# MJR12284 Backyard Reno Part 2 (NJ)



## MJR12284 (Jun 21, 2020)

Time to finish the job. After renovating the right half of my back yard last fall, I'm back to reno the left half. My Journal for Part 1 of the Backyard Reno is linked below.

I'll start with a picture of what the yard looked like shortly before we bought the property. Not too appealing to say the least.



Aside from this general ugliness, the main problem with our backyard was that it is on a bit of a slope. I've never calculated the angle of the slope itself (I'll admit I actually don't know how to do that), but the left side was partially steep.
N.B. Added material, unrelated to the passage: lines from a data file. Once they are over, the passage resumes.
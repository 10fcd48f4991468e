-- ===== src/Lock/Exclusion.antt =====
-- internal/lock/lock.go: rounds of `Acquire` on the in-memory store.
use deb_s.Prelude.{
  ℕ, ◌≡◌, refl, ◌∙◌, false, none, some, Text, equal, lookup, Error, Result, ok, err, conflict,
  Bool-cases, inl, inr, ◌>>=◌, continue, is_not_found,
}
use deb_s.Digest.{Codec, encode_to_string}
use deb_s.Storage.Key.{join_key}
use deb_s.Storage.Memory.{MemoryStore, MemoryObject, put, memory_store}
use deb_s.Storage.Memory.Etag.{object_md5}
use deb_s.Storage.Memory.Writes.{put_lem}
use deb_s.Lock.Types.{Owner, Json, Context, Options, Handle, Turn, held, again, given_up}
use deb_s.Lock.{current, lock_options, try_acquire, contended, is_last}

module _ (c : Codec) (now : ℕ) (json : Json) (ctx : Context MemoryStore) (o : Options) (path : Text)
    (owner : Owner) (body : Text) where
  abbrev pub IsHeld : Result Turn → Type 0
  IsHeld r = (h : Handle) × (r ≡ ok (held h))

  abbrev pub IsRefused : Result Turn → Type 0
  IsRefused r = ¬ IsHeld r

  refused_lem :
      (e : Error) (r : Result (Unit {0})) (s : MemoryStore)
      → IsRefused (continue r (λ _ s'. (err e, s')) s).0
  refused_lem e (ok _) s (h, k) = cc
  refused_lem e (err e') s (h, k) = cc

  again-IsRefused :
      (r : Result (Unit {0})) (s : MemoryStore)
      → IsRefused (continue r (λ _ s'. (ok again, s')) s).0
  again-IsRefused (ok _) s (h, k) = cc
  again-IsRefused (err e') s (h, k) = cc

  given_up-IsRefused : IsRefused (ok given_up)
  given_up-IsRefused (h, k) = cc

  contended-IsRefused :
      (attempt : ℕ) (r : Result Owner) (s : MemoryStore)
      → IsRefused (contended (memory_store c none now) json ctx o path owner body attempt r s).0
  unfolding ◌>>=◌
  contended-IsRefused attempt (ok _) s = elim (Bool-cases (is_last o attempt)) [
    | inl e ↦ rw e given_up-IsRefused
    | inr e ↦ rw e (again-IsRefused _ _)
  ]
  contended-IsRefused attempt (err e) s = elim (Bool-cases (is_not_found e)) [
    | inr f ↦ rw f (refused_lem _ _ _)
    | inl f ↦ rw f (elim (Bool-cases (is_last o attempt)) [
      | inl e ↦ rw e given_up-IsRefused
      | inr e ↦ rw e (λ (h, k). cc)
    ])
  ]

  module _ (s : MemoryStore) (p : Text) (valid : join_key s.prefix path ≡ ok p) where
    pub put_conflict :
        (other : MemoryObject)
        → lookup p s.objects ≡ some other
        → equal (object_md5 other.info) (encode_to_string (c.md5_sum (body))) ≡ false
        → put c none now path (ok (body)) (lock_options o) s ≡ (err (conflict path), s)
    put_conflict other there differs =
        put_lem s path p valid c now (body) (lock_options o) ∙ rw (there, differs) refl

    -- On MemoryStore, when the context lets a round of Acquire start and leaves the store as it
    -- is, and the path holds an object whose digest is not that of the lock that the round would
    -- write, then the round does not acquire the lock.
    pub try_acquire-IsRefused :
        (attempt : ℕ) (other : MemoryObject)
        → ctx.check s ≡ (ok tt, s)
        → lookup p s.objects ≡ some other
        → equal (object_md5 other.info) (encode_to_string (c.md5_sum (body))) ≡ false
        → IsRefused (try_acquire (memory_store c none now) json ctx o path owner body attempt s).0
    unfolding try_acquire ◌>>=◌
    try_acquire-IsRefused attempt other free there differs = rw free (
        rw (put_conflict other there differs) (
          contended-IsRefused attempt (current (memory_store c none now) json path s).0
            (current (memory_store c none now) json path s).1))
The yard does flatten out a good bit before you reach the fence at the back edge of our property.

We also had this natural rock wall running smack dab through the middle of the yard. We have no idea the original purpose of the wall (maybe a wall for a barn, or a subdivider for two properties), and while we originally thought it added some interesting, natural aesthetic appeal to the yard (and/or a conversation piece), we decided this spring to have it removed, along with four approximately 80 feet tall trees that were either diseased, damaged, or dying in some fashion. (Ps. These tree guys were absolute ninjas! Crazy work they do!)
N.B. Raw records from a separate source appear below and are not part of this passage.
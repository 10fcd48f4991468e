-- ===== src/Lock/Stuck.antt =====
-- internal/lock/lock.go: `Acquire` on the in-memory store, while the path holds another lock.
use deb_s.Prelude.{
  ℕ, ℤ, zero, suc, ◌≡◌, refl, sym, ap, subst, Bool, true, false, none, some, Option, Text, equal,
  lookup, Error, Result, ok, err, conflict, locked, wrapped, Bool-cases, inl, inr, ◌⊎◌, ◌>>=◌,
  continue, is_not_found,
}
use deb_s.Digest.{Codec, encode_to_string}
use deb_s.Storage.Key.{join_key}
use deb_s.Storage.Memory
use deb_s.Storage.Memory.{MemoryStore, MemoryObject, physical_key, memory_store}
use deb_s.Storage.Memory.Etag.{object_md5}
use deb_s.Lock.Types.{Owner, Json, Context, Options, Handle, Turn, again, given_up}
use deb_s.Lock.{
  current, refused, contended, after_put, try_acquire, next_turn, acquire_loop, may_try, is_last,
  lock_options,
}
use deb_s.Lock.Backoff.{retry_delay}
use deb_s.Lock.Exclusion.{put_conflict}

-- The context leaves the store as it is.
pub record IsQuiet {S : Type 0} (ctx : Context S) : Type 0 where
  pub check : (s : S) → (ctx.check s).1 ≡ s
  pub sleep : (d : ℤ) (s : S) → (ctx.sleep d s).1 ≡ s

-- No lock, and the store as it was.
abbrev pub IsStuck : MemoryStore → Result Turn × MemoryStore → Type 0
IsStuck s x = (x ≡ (ok again, s)) ⊎ (x ≡ (ok given_up, s)) ⊎ ((e : Error) × (x ≡ (err e, s)))

-- The rest after a call that leaves the store as it is.
after_quiet :
    (s : MemoryStore) (x : Result (Unit {0}) × MemoryStore)
    (f : MemoryStore → Result Turn × MemoryStore)
    → x.1 ≡ s
    → IsStuck s (f s)
    → IsStuck s (continue x.0 (λ _ u. f u) x.1)
after_quiet s (ok _, u) f same stuck = rw same stuck
after_quiet s (err e, u) f same stuck = inr (inr (e, ap (λ v. (err e, v)) same))

-- No lock so far: the fuel ran out, or there is an error and the store as it was.
abbrev pub IsLockless : MemoryStore → Option (Result Handle × MemoryStore) → Type 0
IsLockless s x = (x ≡ none) ⊎ ((e : Error) × (x ≡ some (err e, s)))

module _ (c : Codec) (now : ℕ) (json : Json) (ctx : Context MemoryStore) (quiet : IsQuiet ctx)
    (o : Options) (path : Text) (owner : Owner) (body : Text) (s : MemoryStore) where
  refused-IsStuck :
      (e : Error) → IsStuck s (refused (memory_store c none now) json ctx o path owner body e s)
  unfolding ◌>>=◌
  refused-IsStuck e =
      after_quiet s (ctx.check s) (λ u. (err (wrapped e), u)) (quiet.check s) (inr (inr (_, refl)))

  contended-IsStuck :
      (attempt : ℕ) (r : Result Owner)
      → IsStuck s (contended (memory_store c none now) json ctx o path owner body attempt r s)
  unfolding ◌>>=◌
  contended-IsStuck attempt (ok _) = elim (Bool-cases (is_last o attempt)) [
    | inl e ↦ rw e (inr (inl refl))
    | inr e ↦ rw e (
        after_quiet s (ctx.sleep (retry_delay o.initial_backoff o.max_backoff attempt) s)
          (λ u. (ok again, u)) (quiet.sleep (retry_delay o.initial_backoff o.max_backoff attempt) s)
          (inl refl))
  ]
  contended-IsStuck attempt (err e) = elim (Bool-cases (is_not_found e)) [
    | inr f ↦ rw f (refused-IsStuck e)
    | inl f ↦ rw f (elim (Bool-cases (is_last o attempt)) [
      | inl g ↦ rw g (inr (inl refl))
      | inr g ↦ rw g (inl refl)
    ])
  ]

  tried_or_locked :
      (b : Bool) (x : Option (Result Handle × MemoryStore))
      → IsLockless s x
      → IsLockless s (elim b [ true ↦ x | false ↦ some (err (wrapped locked), s) ])
  tried_or_locked true x h = h
  tried_or_locked false x h = inr (_, refl)

  next_turn-IsLockless :
      (rest : MemoryStore → Option (Result Handle × MemoryStore)) (x : Result Turn × MemoryStore)
      → IsStuck s x
      → IsLockless s (rest s)
      → IsLockless s (next_turn (memory_store c none now) json ctx o path owner body rest x)
  next_turn-IsLockless rest x (inl e) h = rw e h
  next_turn-IsLockless rest x (inr (inl e)) h = rw e (inr (_, refl))
  next_turn-IsLockless rest x (inr (inr (f, e))) h = rw e (inr (f, refl))

  module _ (p : Text) (valid : join_key s.prefix path ≡ ok p) (other : MemoryObject)
      (there : lookup p s.objects ≡ some other)
      (differs : equal (object_md5 other.info) (encode_to_string (c.md5_sum (body))) ≡ false) where
    current-same : (current (memory_store c none now) json path s).1 ≡ s
    unfolding current Memory.get physical_key ◌>>=◌
    current-same = rw valid (rw there refl)

    after_put-IsStuck :
        (attempt : ℕ)
        → IsStuck s (
            after_put
              (memory_store c none now)
              json
              ctx
              o
              path
              owner
              body
              attempt
              (err (conflict path))
              s)
    unfolding ◌>>=◌
    after_put-IsStuck attempt =
        subst
          (λ t. IsStuck s (
            contended (memory_store c none now) json ctx o path owner body attempt
              (current (memory_store c none now) json path s).0 t))
          (sym current-same)
          (contended-IsStuck attempt (current (memory_store c none now) json path s).0)

    -- The round behind the check of the context.
    abbrev tried : ℕ → MemoryStore → Result Turn × MemoryStore
    tried attempt u =
        let x = Memory.put c none now path (ok (body)) (lock_options o) u in
        after_put (memory_store c none now) json ctx o path owner body attempt x.0 x.1

    try_acquire-IsStuck :
        (attempt : ℕ)
        → IsStuck s (try_acquire (memory_store c none now) json ctx o path owner body attempt s)
    unfolding try_acquire ◌>>=◌
    try_acquire-IsStuck attempt = after_quiet s (ctx.check s) (tried attempt) (quiet.check s) (
        subst
          (λ x.
            IsStuck s
              (after_put (memory_store c none now) json ctx o path owner body attempt x.0 x.1))
          (sym (put_conflict c now json ctx o path owner body s p valid other there differs))
          (after_put-IsStuck attempt))

    pub acquire_loop-IsLockless :
        (fuel attempt : ℕ)
        → IsLockless s
            (acquire_loop (memory_store c none now) json ctx o path owner body fuel attempt s)
    unfolding acquire_loop
    acquire_loop-IsLockless zero attempt = inl refl
    acquire_loop-IsLockless (suc fuel) attempt = tried_or_locked (may_try o attempt) _ (
        next_turn-IsLockless
          (acquire_loop (memory_store c none now) json ctx o path owner body fuel (suc attempt))
          (try_acquire (memory_store c none now) json ctx o path owner body attempt s)
          (try_acquire-IsStuck attempt) (acquire_loop-IsLockless fuel (suc attempt)))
After removing the trees and rock wall, we had a landscaping company come in with some equipment and grade the left side so it was not as steep. They also helped bury underground some of the larger rocks from the rock wall (I made sure to have them bury the rocks several feet deep to avoid any issues with growing grass in that area in the future). They also spread about 15 yards of soil to help level/smooth out that side a bit more too.

Here are some Before/During/After pics of the area. (Please excuse the oddly positioned piece of wood fence above the rock wall; a temporary measure to keep our dog from climbing into our neighbor's property - as she's attempting to do in the pictured below :lol


----------



## MJR12284 (Jun 21, 2020)

Here are the details for my reno:

I'm using the same mix of seed I used for Part 1 of the reno on the right side: 80/20 TTTF/KBG which I purchased from The Hogan Company.

TTTF = Titanium 2LS, Rebounder, Firewall, Paramount (80%)
KBG = Blue Note, NuGlade, Midnight, Legend (20%)

The area is 3,000 square feet. It will be interesting to see how this left side compares to my reno from last year on the right side. The left side gets full sun all day whereas the right side only gets sun until about 1 pm due to some tree cover on that side of my property.

Timeline:

July 31 - 1st Round Gly (6oz/M) with AMS (1 Tablespoon)
August 7 - Scalp and 2nd Round Gly
August 14 - Spread top soil over bare areas
August 29 - SEED DOWN

I first used my SunJoe tiller to rough up the top 1/2 inch or so of soil. After fallowing for several weeks, the ground was pretty hard and difficult to rough up with a rake. The SunJoe was a true life/back saver. Easily the MVP of the reno thus far. I then spent a lot of time using my Level Lawn to smooth everything out and get rid of rocks/clumps that were on the surface.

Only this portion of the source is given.